◆ Required action: After locating the line with "pub on : is_present e ≡ true" in the data that follows, return it and every later line exactly, up to and including the line with "elim (Bool-cases (is_huge".

◆ Exercise input:
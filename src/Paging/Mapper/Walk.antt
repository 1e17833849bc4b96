-- ===== src/Paging/Mapper/Walk.antt =====
-- The path of tables that a walk follows.
use avent.Base.{
  ℕ, Bool, true, false, not, ◌&&◌, Option, none, some, Outcome, done, panic, done_injective,
  done_or_panic, some_or_none, bind_done, ◌≡◌, refl, sym, ap, inl, inr, Bool-cases,
}
use avent.Mm.Addr.Virt.{VirtAddr}
use avent.Mm.Allocator.{Memory}
use avent.Paging.Entry.{PageTableEntry, is_present, is_huge}
use avent.Paging.Table.{PageTableLevel, one, two, three, four}
use avent.Paging.Mapper.{
  PageTableMapper, table_at_frame, entry_at, frame_table, and_then, walk_level, walk,
}

-- The entry is present and leads to the table.
pub record Leads (hhdm : ℕ) (e : PageTableEntry) (table : ℕ) : Type 0 where
  pub on : is_present e ≡ true
  pub to : frame_table e hhdm ≡ done (some table)

-- The tables for `virt` are there, down to the entry of level 1.
pub record Tables (self : PageTableMapper) (m : Memory) (virt : VirtAddr) (leaf : ℕ) : Type 0 where
  pub l4 : ℕ
  pub l3 : ℕ
  pub l2 : ℕ
  pub l1 : ℕ
  pub root : table_at_frame self.pml4 self.hhdm_offset ≡ done l4
  pub at4 : Leads self.hhdm_offset (m (entry_at l4 four virt)) l3
  pub at3 : Leads self.hhdm_offset (m (entry_at l3 three virt)) l2
  pub small3 : is_huge (m (entry_at l3 three virt)) ≡ false
  pub at2 : Leads self.hhdm_offset (m (entry_at l2 two virt)) l1
  pub small2 : is_huge (m (entry_at l2 two virt)) ≡ false
  pub last : leaf ≡ entry_at l1 one virt

-- The entry of level 4 is no huge page.
abbrev pub IsSmall4 :
    {self : PageTableMapper} {m : Memory} {virt : VirtAddr} {leaf : ℕ}
    → Tables self m virt leaf
    → Type 0
IsSmall4 {m = m} {virt = virt} t = is_huge (m (entry_at t.l4 four virt)) ≡ false

pub and_then-some :
    {A B : Type 0} (o : Outcome (Option A)) (f : A → Outcome (Option B)) (b : B)
    → and_then o f ≡ done (some b)
    → (a : A) × (o ≡ done (some a)) × (f a ≡ done (some b))
and_then-some panic f b e = absurd (done_or_panic panic (some b) e refl)
and_then-some (done none) f b e = absurd (some_or_none (done none) b e refl)
and_then-some (done (some a)) f b e = (a, refl, e)

walk_level-four :
    (hhdm : ℕ) (m : Memory) (table to : ℕ) (virt : VirtAddr)
    → Leads hhdm (m (entry_at table four virt)) to
    → walk_level hhdm m table four virt ≡ done (some to)
unfolding walk_level
walk_level-four hhdm m table to virt l =
    elim (Bool-cases (is_huge (m (entry_at table four virt)))) [
      | inl h ↦ rw (l.on, h, l.to) refl
      | inr h ↦ rw (l.on, h, l.to) refl
    ]

walk_level-small :
    (hhdm : ℕ) (m : Memory) (table to : ℕ) (level : PageTableLevel) (virt : VirtAddr)
    → Leads hhdm (m (entry_at table level virt)) to
    → is_huge (m (entry_at table level virt)) ≡ false
    → walk_level hhdm m table level virt ≡ done (some to)
unfolding walk_level
walk_level-small hhdm m table to level virt l h = rw (l.on, h, l.to) refl

walk_level-Leads :
    (hhdm : ℕ) (m : Memory) (table to : ℕ) (level : PageTableLevel) (virt : VirtAddr)
    → walk_level hhdm m table level virt ≡ done (some to)
    → Leads hhdm (m (entry_at table level virt)) to
      × ((is_huge (m (entry_at table level virt)) && not (elim level [ four ↦ true | _ ↦ false ]))
          ≡ false)
unfolding walk_level
walk_level-Leads hhdm m table to level virt e =
    elim (Bool-cases (is_present (m (entry_at table level virt)))) [
      | inl p ↦
          elim (Bool-cases (
            is_huge (m (entry_at table level virt))
            && not (elim level [ four ↦ true | _ ↦ false ]))) [
              | inl h ↦ absurd (
                  some_or_none (walk_level hhdm m table level virt) to e
                    (rw (walk_level, p, h) refl))
              | inr h ↦ (record { on = p; to = rw (p, h) at e }, h)
            ]
      | inr p ↦
          absurd (some_or_none (walk_level hhdm m table level virt) to e (rw (walk_level, p) refl))
    ]

not_huge : (b : Bool) → (b && true) ≡ false → b ≡ false
not_huge true h = h
not_huge false h = h

module _ (self : PageTableMapper) (m : Memory) (virt : VirtAddr) (leaf : ℕ)
    (t : Tables self m virt leaf) where
  pub Tables-level4 : walk_level self.hhdm_offset m t.l4 four virt ≡ done (some t.l3)
  Tables-level4 = walk_level-four self.hhdm_offset m t.l4 t.l3 virt t.at4

  pub Tables-level3 : walk_level self.hhdm_offset m t.l3 three virt ≡ done (some t.l2)
  Tables-level3 = walk_level-small self.hhdm_offset m t.l3 t.l2 three virt t.at3 t.small3

  pub Tables-level2 : walk_level self.hhdm_offset m t.l2 two virt ≡ done (some t.l1)
  Tables-level2 = walk_level-small self.hhdm_offset m t.l2 t.l1 two virt t.at2 t.small2

pub some_injective : {A : Type 0} (a b : A) → some a ≡ some b → a ≡ b
some_injective a b e = ap (λ (o : Option _). elim o [ none ↦ a | some c ↦ c ]) e

-- A walk that ends followed the tables.
pub walk-Tables :
    (self : PageTableMapper) (m : Memory) (virt : VirtAddr) (leaf : ℕ)
    → walk self m virt ≡ done (some leaf)
    → Tables self m virt leaf
unfolding walk
walk-Tables self m virt leaf e =
    let h = self.hhdm_offset in
    let (l4, root, e4) = bind_done (table_at_frame self.pml4 h) _ (some leaf) e in
    let (l3, s4, e3) = and_then-some (walk_level h m l4 four virt) _ leaf e4 in
    let (l2, s3, e2) = and_then-some (walk_level h m l3 three virt) _ leaf e3 in
    let (l1, s2, e1) = and_then-some (walk_level h m l2 two virt) _ leaf e2 in
    let (at3, big3) = walk_level-Leads h m l3 l2 three virt s3 in
    let (at2, big2) = walk_level-Leads h m l2 l1 two virt s2 in
    record {
      l4 = l4;
      l3 = l3;
      l2 = l2;
      l1 = l1;
      root = root;
      at4 = (walk_level-Leads h m l4 l3 four virt s4).0;
      at3 = at3;
      small3 = not_huge (is_huge (m (entry_at l3 three virt))) big3;
      at2 = at2;
      small2 = not_huge (is_huge (m (entry_at l2 two virt))) big2;
      last = sym (
          some_injective (entry_at l1 one virt) leaf
            (done_injective (some (entry_at l1 one virt)) (some leaf) e1));
    }
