-- ===== src/Mm/AddressSpace/Tree.antt =====
-- The page tables of x86_64 as the mapper of an address space, on tables that are there: the tree of
-- tables that leads to the leaf entries of some addresses, and which pages it shows.
pub mod Stores
pub mod Calls
use avent.Base.{
  ℕ, ◌+◌, ◌*◌, ◌%◌, ◌^◌, ◌<◌, true, false, none, some, Option, done, List, Fresh, ◌≡◌, ◌≢◌,
}
use avent.Mm.Addr.{page_size}
use avent.Mm.Addr.Virt.{VirtAddr, is_canonical}
use avent.Mm.Frame.{PhysFrame}
use avent.Mm.Allocator.{Memory}
use avent.Paging.Flags.{PageFlags}
use avent.Paging.Entry.{PageTableEntry, is_present, is_huge, entry_flags_from_page_flags}
use avent.Paging.Entry
use avent.Paging.Table.{one, two, three, four, index_of}
use avent.Paging.Mapper.{PageTableMapper, table_at_frame, entry_at}
use avent.Paging.Mapper.Walk.{Leads}
use avent.Mm.AddressSpace.Lawful.{Pages}

-- The frame of the root, and of the table of each level behind each address that is reached. A leaf
-- table is no table of another level, and its addresses have the indices in common that lead to it.
pub record Tree : Type 1 where
  pub Reaches : VirtAddr → Type 0
  pub root : ℕ
  pub l3 : VirtAddr → ℕ
  pub l2 : VirtAddr → ℕ
  pub l1 : VirtAddr → ℕ
  pub canonical : (v : VirtAddr) → Reaches v → is_canonical v ≡ true
  pub aligned : (v : VirtAddr) → Reaches v → v % page_size ≡ 0
  pub apart :
      (v w : VirtAddr) → Reaches v → Reaches w → (root ≢ l1 w) × (l3 v ≢ l1 w) × (l2 v ≢ l1 w)
  pub shared :
      (v w : VirtAddr)
      → Reaches v
      → Reaches w
      → l1 v ≡ l1 w
      → (index_of four v ≡ index_of four w)
        × (index_of three v ≡ index_of three w)
        × (index_of two v ≡ index_of two w)

-- The address of the table in a frame.
abbrev pub table_of : ℕ → ℕ → ℕ
table_of hhdm j = j * page_size + hhdm

-- What a leaf entry is for a page.
abbrev pub IsLeaf : Option (PhysFrame × PageFlags) → PageTableEntry → Type 0
IsLeaf none e = is_present e ≡ false
IsLeaf (some (frame, flags)) e =
    (frame.base < 2 ^ 52)
    × (frame.base % page_size ≡ 0)
    × (flags < 64)
    × (e ≡ Entry.new frame (entry_flags_from_page_flags flags))

-- An entry leads to the table in the frame, and is no huge page.
abbrev pub LeadsTo : ℕ → PageTableEntry → ℕ → Type 0
LeadsTo hhdm e j = Leads hhdm e (table_of hhdm j) × (is_huge e ≡ false)

-- The tree is in memory, in frames of the list, and its leaf entries are those of the pages.
pub record IsTree (t : Tree) (self : PageTableMapper) (memory : Memory) (hhdm : ℕ) (tables : List ℕ)
    (pages : Pages) : Type 0 where
  pub same_hhdm : self.hhdm_offset ≡ hhdm
  pub at_root : table_at_frame self.pml4 hhdm ≡ done (table_of hhdm t.root)
  pub at4 :
      (v : VirtAddr)
      → t.Reaches v
      → LeadsTo hhdm (memory (entry_at (table_of hhdm t.root) four v)) (t.l3 v)
  pub at3 :
      (v : VirtAddr)
      → t.Reaches v
      → LeadsTo hhdm (memory (entry_at (table_of hhdm (t.l3 v)) three v)) (t.l2 v)
  pub at2 :
      (v : VirtAddr)
      → t.Reaches v
      → LeadsTo hhdm (memory (entry_at (table_of hhdm (t.l2 v)) two v)) (t.l1 v)
  pub leaves :
      (v : VirtAddr)
      → t.Reaches v
      → IsLeaf (pages v) (memory (entry_at (table_of hhdm (t.l1 v)) one v))
  pub within : (v : VirtAddr) (p : PhysFrame × PageFlags) → pages v ≡ some p → t.Reaches v
  pub owned :
      (v : VirtAddr)
      → t.Reaches v
      → (¬ Fresh t.root tables)
        × (¬ Fresh (t.l3 v) tables)
        × (¬ Fresh (t.l2 v) tables)
        × (¬ Fresh (t.l1 v) tables)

◆ Written answer:
  pub on : is_present e ≡ true
  pub to : frame_table e hhdm ≡ done (some table)

-- The tables for `virt` are there, down to the entry of level 1.
pub record Tables (self : PageTableMapper) (m : Memory) (virt : VirtAddr) (leaf : ℕ) : Type 0 where
  pub l4 : ℕ
  pub l3 : ℕ
  pub l2 : ℕ
  pub l1 : ℕ
  pub root : table_at_frame self.pml4 self.hhdm_offset ≡ done l4
  pub at4 : Leads self.hhdm_offset (m (entry_at l4 four virt)) l3
  pub at3 : Leads self.hhdm_offset (m (entry_at l3 three virt)) l2
  pub small3 : is_huge (m (entry_at l3 three virt)) ≡ false
  pub at2 : Leads self.hhdm_offset (m (entry_at l2 two virt)) l1
  pub small2 : is_huge (m (entry_at l2 two virt)) ≡ false
  pub last : leaf ≡ entry_at l1 one virt

-- The entry of level 4 is no huge page.
abbrev pub IsSmall4 :
    {self : PageTableMapper} {m : Memory} {virt : VirtAddr} {leaf : ℕ}
    → Tables self m virt leaf
    → Type 0
IsSmall4 {m = m} {virt = virt} t = is_huge (m (entry_at t.l4 four virt)) ≡ false

pub and_then-some :
    {A B : Type 0} (o : Outcome (Option A)) (f : A → Outcome (Option B)) (b : B)
    → and_then o f ≡ done (some b)
    → (a : A) × (o ≡ done (some a)) × (f a ≡ done (some b))
and_then-some panic f b e = absurd (done_or_panic panic (some b) e refl)
and_then-some (done none) f b e = absurd (some_or_none (done none) b e refl)
and_then-some (done (some a)) f b e = (a, refl, e)

walk_level-four :
    (hhdm : ℕ) (m : Memory) (table to : ℕ) (virt : VirtAddr)
    → Leads hhdm (m (entry_at table four virt)) to
    → walk_level hhdm m table four virt ≡ done (some to)
unfolding walk_level
walk_level-four hhdm m table to virt l =
    elim (Bool-cases (is_huge (m (entry_at table four virt)))) [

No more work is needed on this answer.